Inverting Onboarding
Turning the onboarding process on it’s head also has some material impact on the way the engineering team see’s itself. When you have a visiting relative, you want to show that you are a the good part of the family, and have your things in order. Use the onboarding experience as a way to ensure that the team presents a real demonstration of how the team is awesome. You can’t fake awesome for very long.
Make your leaders of the organization accountable for how the team is presented to the new hire. Make those leaders ensure that the 2-4 week honeymoon period for the new hire sets the basis for a long term relationship. The discussion shouldn’t be whether an engineer is now productive for the company, it should be whether the company has made an engineer productive.
That inversion goes a long way to extend that honeymoon from a few weeks to a few year. That inversion helps engender an organization that fosters growth and development during an engineer’s tenure. That inversion changes the way the organizational leaders look at how they run the organization.
Make Your Leaders Accountable for Onboarding
The critical part of this inverted view of onboarding is making the leaders of your engineering team responsible and accountable for the onboarding of the engineering team. Some indicators of issues to consider when examining the onboarding process.
- Can the new engineer checkout and build with no major hiccups? Typically there is a verbal tradition that carries engineers from the written references to being productive. (“Oh yeah, you need to this or that, we should update that”).
- Does the new engineer need to talk to other engineers for a basic bootstrap of their environment?
- Does the new engineer need things explained on a whiteboard?
Realistically, the new engineer doesn’t have the ability to influence how quickly they come up to speed. There will be an intrinsic ability that the new hire carries, but the largest influence of how the new hire onboards is carried by the organization.
By making the hiring manager and their lead engineers responsible for the effectiveness of the new engineer, it forces introspection on the team about how they manage their development how much of the way the team operates is transparent, captured, and communicable and how much is opaque and a form of verbal tradition.
Some measures that I push my teams to meet for a new dev are:
- After the initial orientation and first login, be able to sync the code and start a build within 1 hour. (This forces the hiring manager to ensure the permission groups, environments and access is all done before the hire starts.)
- Have the engineer be involved in a code review within the first day, but before their first change. (This sets the bar for how the code reviews operate and the expected conduct for the engineers on the team).
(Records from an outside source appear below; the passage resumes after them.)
-- ===== src/Awaker/Orders.antt =====
-- The order of `co_await` and `wake` on the awakers of src/core/core.hpp.
use sqkio.Common.{
  ℕ, suc, ◌+◌, ◌-◌, ◌^◌, ◌<◌, ◌≡◌, refl, ap, ◌∙◌, List, [], ◌∷◌, ◌++◌, none, some, true, false,
  length, arith, append_assoc, length-append,
}
use sqkio.Outcome.{ok, ◌>>=◌}
use sqkio.Ring.Calls.Valid.{contents, IsValid}
use sqkio.Scheduler.{SqkScheduler}
use sqkio.Awaker.{
  Awaker, CheckableAwaker, resumes, suspends, await_suspend, await_resume, wake, checkable_wake,
  checkable_await_suspend, checkable_await_resume, checkable_co_await,
}
use sqkio.Awaker.Laws.{wake-idle, wake-waiting}

module _ {W V : Type 0} (moved_from : V → V) (k fuel : ℕ) (handle : W) (ret : V)
    (s : SqkScheduler W) where
  -- For a `CheckableAwaker` that nobody waits on and nobody woke, a sound queue with room, and any
  -- positive fuel of the ring's loops, both orders give the coroutine the value, once. After `wake` the
  -- `co_await` goes on at once with the value, and the queue is as before. After the `co_await`, which
  -- suspends, `wake` puts the coroutine at the end of the queue, and its resumption gives the value.
  pub checkable_orders :
      (c : CheckableAwaker W V)
      → c.awaker.handle ≡ none
      → c.awaked ≡ false
      → IsValid 8 k s.queue
      → length (contents 8 s.queue) < 2 ^ k - 1
      → ((c' : CheckableAwaker W V) × (checkable_wake moved_from (suc fuel) ret c s ≡ ok (c', s))
          × ((checkable_co_await moved_from (suc fuel) handle c').0 ≡ resumes ret))
        × ((checkable_co_await moved_from (suc fuel) handle c).0 ≡ suspends)
        × (c' : CheckableAwaker W V) × (s' : SqkScheduler W) × (checkable_wake moved_from
              (suc fuel)
              ret
              (checkable_co_await moved_from (suc fuel) handle c).1
              s
            ≡ ok (c', s'))
        × (contents 8 s'.queue ≡ contents 8 s.queue ++ (handle ∷ []) ∷ [])
        × ((checkable_await_resume moved_from (suc fuel) c').0 ≡ ret)
  unfolding checkable_wake checkable_co_await checkable_await_resume checkable_await_suspend
      await_suspend await_resume
  checkable_orders c idle fresh v room =
      let waiting : Awaker W V = record c.awaker { handle = some handle } in
      let (s', runs, valid, held, same) =
        wake-waiting moved_from k fuel ret waiting s handle refl v room in
      (
        (
          record { awaker = record c.awaker { ret = ret }; awaked = true },
          rw (wake-idle moved_from k (suc fuel) ret c.awaker s idle),
          refl,
        ),
        rw fresh,
        record { awaker = record { handle = some handle; ret = ret }; awaked = true },
        s',
        rw (fresh, runs),
        held,
        refl,
      )

  -- Two calls of `wake` before the coroutine that waits is resumed, with room in a sound queue for
  -- both, put it into the queue twice.
  pub wake-wake :
      (a : Awaker W V) (again : V)
      → a.handle ≡ some handle
      → IsValid 8 k s.queue
      → length (contents 8 s.queue) + 1 < 2 ^ k - 1
      → (a' : Awaker W V) × (s' : SqkScheduler W) × (wake moved_from (suc fuel) ret a s
            >>= (λ (a1, s1). wake moved_from (suc fuel) again a1 s1)
          ≡ ok (a', s'))
        × (contents 8 s'.queue ≡ contents 8 s.queue ++ (handle ∷ []) ∷ (handle ∷ []) ∷ [])
  wake-wake a again waits v room =
      let (s1, runs1, valid1, held1, same1) =
        wake-waiting moved_from k fuel ret a s handle waits v (omega arith) in
      let (s2, runs2, valid2, held2, same2) =
        wake-waiting moved_from k fuel again (record { handle = some handle; ret = ret }) s1 handle
          refl valid1
          (omega
            (arith, ap length held1, length-append (contents 8 s.queue) ((handle ∷ []) ∷ []))) in
      (
        record { handle = some handle; ret = again },
        s2,
        rw (runs1, runs2),
        held2
            ∙ ap (λ (q : List (List W)). q ++ (handle ∷ []) ∷ []) held1
            ∙ append_assoc (contents 8 s.queue) ((handle ∷ []) ∷ []) ((handle ∷ []) ∷ []),
      )

  -- After a `wake` and a `co_await` that went on with its value, the next `co_await` on the same
  -- `CheckableAwaker` goes on too, with no `wake` between, and gets what the move left.
  pub checkable_awaits_again :
      (c : CheckableAwaker W V)
      → c.awaker.handle ≡ none
      → (c1 : CheckableAwaker W V) × (c2 : CheckableAwaker W V) × (c3 : CheckableAwaker W V)
        × (checkable_wake moved_from fuel ret c s ≡ ok (c1, s))
        × (checkable_co_await moved_from fuel handle c1 ≡ (resumes ret, c2))
        × (checkable_co_await moved_from fuel handle c2 ≡ (resumes (moved_from ret), c3))
  unfolding checkable_wake checkable_co_await checkable_await_resume await_resume
  checkable_awaits_again c idle = (
    record { awaker = record c.awaker { ret = ret }; awaked = true },
    _,
    _,
    rw (wake-idle moved_from k fuel ret c.awaker s idle),
    refl,
    refl,
  )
- Have a problem or proving task able to be resolved and pushed to a staging environment, device, into a build within the first day. (This drives an understanding of the way the development goes from the developer to production).
- Have a debrief after the first day and the first week about the questions, points of confusion, suggestions and best practices that the new hire misses. (This helps drive introspection for the team for the next round of hires).
Equivalence to Technical Debt
A lot of these negative indicators and the difficulty in achieving the measures are driven by the technical debt that an organization is carrying either consciously or subconsciously. Finding opportunities to spot the technical debt that is causing friction within an organization are golden.
Technical debt in a development team is most visible to a new hire. They walk headlong into it with open eyes and an inquiring mind.
Helping the Future Self
The future self concept covers the lack of familiarity that an engineer will have with some code or a system that you are currently working at some point in the future when you need to go back to it. Over time, poorly written code – even written by yourself, becomes that code written by the clueless engineer a few years back.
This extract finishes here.